Ausführlich bei iRights.info.
Schleswig-Holstein: Streit um Facebook eskaliert
In Schleswig-Holstein droht der Streit um die datenschutzrechtliche Zulässigkeit von Facebook zu eskalieren. Der Landesdatenschutzbeauftragte Thilo Weichert hatte die Landesregierung aufgefordert, ihre Fan-Page bei Facebook bis Oktober zu schließen, weil er die Datenerhebung durch Facebook für rechtswidrig erachtete. Wie die Landesregierung vergangene Woche mitteilte, werde man dieser Aufforderung jedoch nicht nachkommen. Die Landesregierung habe Zweifel an der Rechtsauffassung des Datenschutzbeauftragten und werde lediglich einen Warnhinweis für Nutzer auf der Facebook-Seite ergänzen. Weichert kündigte daraufhin eine förmliche Beanstandung nach dem Landesdatenschutzgesetz (§ 42 II LDSG-SH) an.
Pressemeldung der Landesregierung Schleswig-Holstein.
„Datenschützer droht Landesregierung” bei Golem.
Caspar: Illegales Tracking bei Facebook
Während Facebook in Schleswig-Holstein für Streit zwischen dem Datenschutzbeauftragten und der Landesregierung sorgt, hat der Hamburger Datenschutzbeauftragte Johannes Caspar Facebook illegales Tracking vorgeworfen. Es gäbe Indizien dafür, dass Facebook falsche Angaben über die Funktion einzelner Cookies gemacht habe. Facebook hatte bislang versichert, die Cookies dienten der Benutzerfreundlichkeit und Sicherheit. Eine umfangreiche Prüfung habe jedoch den Verdacht aufgeworfen, dass Facebook Trackingprofile der Nutzer erstellt, so Caspar.
Ausführlich bei faz.net.
Datenschützer kritisieren TKG-Novelle
Der Bundesdatenschutzbeauftragte Peter Schaar hat die Novelle des Telekommunikationsgesetzes kritisiert. Der Bundestag hatte vergangene Woche zahlreiche Neuerungen im TKG auf den Weg gebracht. Für den Bundesbeauftragten für Datenschutz ist dabei der Datenschutz jedoch zu kurz gekommen. Vor allem die Umsetzung der „Cookie-Regelung”, wonach Nutzer das Speichern von Informationen auf ihrem Rechner ausdrücklich gestatten müssen, sei vollständig ignoriert worden – obwohl es sich dabei um eine zwingende Vorschrift handelt, die durch Europarecht vorgegeben wird. Außerdem kritisiert Schaar die Speicherung von Verkehrsdaten durch Provider. Nach dem neuen TKG soll es Providern erlaubt sein, Verkehrsdaten ihrer Nutzer zu Abrechnungszwecken unbegrenzt zu speichern. Auch die Zuständigkeiten für Bußgelder gegen Telekommunikationsunternehmen bei Datenschutzverstößen habe der Gesetzgeber nach wie vor unzureichend geregelt, so Schaar.

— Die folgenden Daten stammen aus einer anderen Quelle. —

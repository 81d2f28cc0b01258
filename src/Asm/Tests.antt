-- ===== src/Asm/Tests.antt =====
-- Runs of the assembler's functions, and its theorems on concrete states.
use rsd_m.Dis.Decode.{decode}
use rsd_m.Dis.Raw.{branch_target, jump_target}
use rsd_m.Base.Lists.{length}
use rsd_m.Asm.Symbols.Lookup.{Defines, define_label-outcomes}
use rsd_m.Asm.Encode.{enc_u20, enc_i13f, enc_r3, enc_b21, enc_m14}
use rsd_m.Asm.Line.Extended.{extended}
use rsd_m.Asm.Line.System.{system}
use rsd_m.Asm.Line.Alu.{alu_entries}
use rsd_m.Asm.Line.Simple.{simple, push_line}
use rsd_m.Asm.Lexer.{parse_register, expect_comma}
use rsd_m.Asm.Line.Base.{register_comma}
use rsd_m.Asm.Lower.{emit_load_const}
use rsd_m.Asm.Expr.{expression}
use rsd_m.Asm.Operand.{parse_operand}
use rsd_m.Asm.Line.Traditional.{traditional, load_line, store_line}
use rsd_m.Asm.Line.Jumps.{branches, jumps}
use rsd_m.Asm.Line.Native.{native, move_line}
use rsd_m.Asm.Line.Directives.{directive}
use rsd_m.Asm.Line.Dispatch.{assemble_line}
use rsd_m.Base.{ℕ, ◌+◌, ◌^◌, ◌≤◌, ◌<◌, ◌≡◌, refl, ◌⊎◌, true, some, List, [], ◌∷◌, arith, none, ◌++◌}
use rsd_m.Base.Text.{Text, codes}
use rsd_m.Base.Word.{add32}
use rsd_m.Isa.{op_jmp_abs, op_br}
use rsd_m.Asm.State.{
  State, Label, Fixup, initial, Result, ok, err, code_overflow, memory_fault, ◌>>◌, duplicate_label,
  too_many_labels,
}
use rsd_m.Asm.Code.{read32, emit32, log_to_phy, max_code_bytes, patch32}
use rsd_m.Asm.Code.Emission.{Stored, patched, emit32-outcomes}
use rsd_m.Asm.Symbols.{find_label, find_constant, define_label, max_labels, add_label}
use rsd_m.Asm.Branch.{branch_to, jump_to, emit_branch, branch_later, jump_later}
use rsd_m.Asm.Fixups.{resolve_fixup, resolve_fixups}
use rsd_m.Asm.Fixups.Reaches.{resolve-branch, resolve-jump}
use rsd_m.Asm.Program.{assemble_lines}

abbrev words : Result (Unit {0} × State) → List ℕ
words (ok (v, s)) =
    read32 s.code 0x1000
    ∷ read32 s.code 0x1004
    ∷ read32 s.code 0x1008
    ∷ read32 s.code 0x100c
    ∷ read32 s.code 0x1010
    ∷ s.cur_pc
    ∷ s.max_phy
    ∷ []
words _ = []

abbrev program : List Text
program =
    codes "start: LDA #$12345\n"
    ∷ codes "  xadd r1, R2, r3 ; c\n"
    ∷ codes "BEQ end\n"
    ∷ codes "end: PHA"
    ∷ []

-- A constant in two words, an operation, a branch to a later label, and a push in two words.
program_run :
    words ((assemble_lines program >> resolve_fixups) initial)
    ≡ 0x7b80_0012 ∷ 0x1f8e_068a ∷ 0x0010_8300 ∷ 0x9400_0000 ∷ 0x0fbe_c008 ∷ 0x1018 ∷ 0x1018 ∷ []
unfolding assemble_lines resolve_fixups read32 assemble_line directive native branches jumps
    traditional load_line parse_operand expression emit_load_const emit32 register_comma
    parse_register expect_comma emit_branch find_constant simple alu_entries system extended
    push_line store_line move_line patch32 enc_u20 enc_i13f enc_r3 enc_b21 enc_m14
program_run = refl

emit32-outcomes_example :
    let p = log_to_phy initial.cur_pc in
    ((p + 4 ≤ max_code_bytes)
      × ((t : State) × (emit32 0x8001 initial ≡ ok (tt, t))
          × Stored p 0x8001 initial t
          × (t.cur_pc ≡ add32 initial.cur_pc 4)
          × (p + 4 ≤ t.max_phy)))
    ⊎ ((max_code_bytes < p + 4) × (p + 3 < 2 ^ 32) × (emit32 0x8001 initial ≡ err code_overflow))
    ⊎ ((2 ^ 32 ≤ p + 3) × (emit32 0x8001 initial ≡ err memory_fault))
emit32-outcomes_example = emit32-outcomes 0x8001 initial (omega arith) (omega arith)

-- A label further on, and the references to it.
abbrev label_end : Label
label_end = record { name = codes "end"; addr = 0x1010; defined = true }

abbrev labelled : State
labelled = record initial { labels = label_end ∷ [] }

found : find_label labelled (codes "END") ≡ some label_end
unfolding find_label
found = refl

-- `BNE END` and `JMP END` at 0x1000, and the state in which `END` stands at 0x1010.
abbrev after : Result (Unit {0} × State) → State
after (ok (u, s)) = s
after (err e) = initial

resolve-branch_example :
    (fx : Fixup) × (w : ℕ) × ((after (branch_later 1 0 (codes "END") initial)).fixups
      ≡ [] ++ (fx ∷ []))
    × (resolve_fixup fx labelled ≡ ok (tt, patched (log_to_phy 0x1000) w labelled))
    × (branch_to 1 0 (codes "END") (some label_end) initial ≡ emit32 w initial)
    × ((decode w).op ≡ op_br)
    × ((decode w).cond ≡ 1)
    × ((decode w).link ≡ 0)
    × (branch_target 0x1000 (decode w).off21 ≡ 0x1010)
unfolding branch_later emit32 add_label
resolve-branch_example =
    resolve-branch 1 0 (codes "END") initial (after (branch_later 1 0 (codes "END") initial))
      labelled label_end (omega arith) (omega arith) (omega arith) (omega arith) refl (omega arith)
      refl found refl

resolve-jump_example :
    (fx : Fixup) × (w : ℕ) × ((after (jump_later op_jmp_abs (codes "END") initial)).fixups
      ≡ [] ++ (fx ∷ []))
    × (resolve_fixup fx labelled ≡ ok (tt, patched (log_to_phy 0x1000) w labelled))
    × (jump_to op_jmp_abs (codes "END") (some label_end) initial ≡ emit32 w initial)
    × ((decode w).op ≡ op_jmp_abs)
    × (jump_target 0x1000 (decode w).target26 ≡ 0x1010)
unfolding jump_later emit32 add_label
resolve-jump_example =
    resolve-jump op_jmp_abs (codes "END") initial
      (after (jump_later op_jmp_abs (codes "END") initial)) labelled label_end (omega arith)
      (omega arith) (omega arith) refl refl refl found refl

-- `loop:` in a table that holds `end`.
define_label-outcomes_example :
    ((l : Label) × (find_label labelled (codes "loop") ≡ some l)
      × (l.defined ≡ true)
      × (define_label (codes "loop") labelled ≡ err duplicate_label))
    ⊎ ((find_label labelled (codes "loop") ≡ none)
        × (max_labels ≤ length labelled.labels)
        × (define_label (codes "loop") labelled ≡ err too_many_labels))
    ⊎ ((t : State) × (define_label (codes "loop") labelled ≡ ok (tt, t))
        × Defines (codes "loop") labelled t)
define_label-outcomes_example = define_label-outcomes (codes "loop") labelled (omega arith)

-- `(2+end)*4`
abbrev at_expression : State
at_expression = record labelled { text = codes "(2+end)*4" }
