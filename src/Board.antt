-- ===== src/Board.antt =====
-- The two programs that put a hex file into the memory of a board: what they share. `strtoul` is
-- the C library's, for base 16 and a 32-bit `unsigned long`.
pub mod Transfer
pub mod Loader
pub mod Program
pub mod Runner
pub mod Watch
pub mod Rounds
pub mod Sent
pub mod Filled
pub mod Loaded
pub mod Image
pub mod Literal
pub mod Polls
mod Tests
use rsd_m.Dis.HexIn.{scan_space, digit_value}
use rsd_m.Base.Text.{Text, peek, is_xdigit, peek1, next, peek2}
use rsd_m.Base.Word.{minus32}
use rsd_m.Base.{
  ℕ, zero, suc, ◌+◌, ◌-◌, ◌*◌, ◌/◌, ◌%◌, ◌^◌, ◌≤◌, ◌<◌, ◌≡◌, refl, sym, ap, ◌∙◌, ◌≢◌, ◌↔◌, ◌⊎◌, inl,
  inr, Bool, true, false, not, ◌&&◌, ◌||◌, Option, none, some, List, [], ◌∷◌, ◌++◌, arith, ltb, leb,
  ◌==◌, if◌then◌else◌, leb→le, leb→gt, ltb→lt, lt→ltb, gt→leb, le→leb, ==_iff, Bool-cases, bit_and,
  bit_or,
}

-- Digits up to the first other character, without a bound.
unfoldable pub hex_number : ℕ → Text → ℕ
hex_number v [] = v
hex_number v (c ∷ p) = elim (is_xdigit c) [
  | true ↦ hex_number (v * 16 + digit_value c) p
  | false ↦ v
]

-- `ULONG_MAX` for a number that does not fit.
abbrev pub saturate : ℕ → ℕ
saturate v = if ltb v (2 ^ 32) then v else 2 ^ 32 - 1

abbrev pub negated : ℕ → ℕ
negated v = if ltb v (2 ^ 32) then minus32 v else 2 ^ 32 - 1

-- Behind the sign: `0x` counts only where a digit follows it.
unfoldable pub magnitude : Text → ℕ
unfolding hex_number
magnitude p =
    if peek p == b'0' && (peek1 p == b'x' || peek1 p == b'X') && is_xdigit (peek2 p)
    then hex_number 0 (next (next p))
    else hex_number 0 p

unfoldable pub strtoul16 : Text → ℕ
unfolding magnitude
strtoul16 text =
    let p = scan_space text in
    if peek p == b'-'
    then negated (magnitude (next p))
    else if peek p == b'+'
    then saturate (magnitude (next p))
    else saturate (magnitude p)

-- An array, as a function of the index; one element set.
abbrev pub put : (ℕ → ℕ) → ℕ → ℕ → ℕ → ℕ
put a i v q = if i == q then v else a q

Die Pressemeldung des Bundesdatenschutzbeauftragten.
Wikileaks: Assange darf ausgeliefert werden
Der Wikileaks-Gründer Julian Assange darf von Großbritannien an Schweden ausgeliefert werden. Das hat das Londoner High Court vergangene Woche entschieden. Assange werden in Schweden zwei Sexualdelikte vorgeworfen. Assange selbst bestreitet die Vorwürfe. Die Auslieferung sei darüber hinaus unverhältnismäßig, da in Schweden bislang keine Anklage gegen ihn erhoben wurde. Außerdem befürchtet Assange, von Schweden aus in die USA ausgeliefert zu werden, wo ihm im Zusammenhang mit Wikileaks Spionage vorgeworfen wird. Assange kann gegen die Entscheidung des High Court Berufung vor dem Supreme Court einlegen.
Die Hintergründe bei derstandard.at.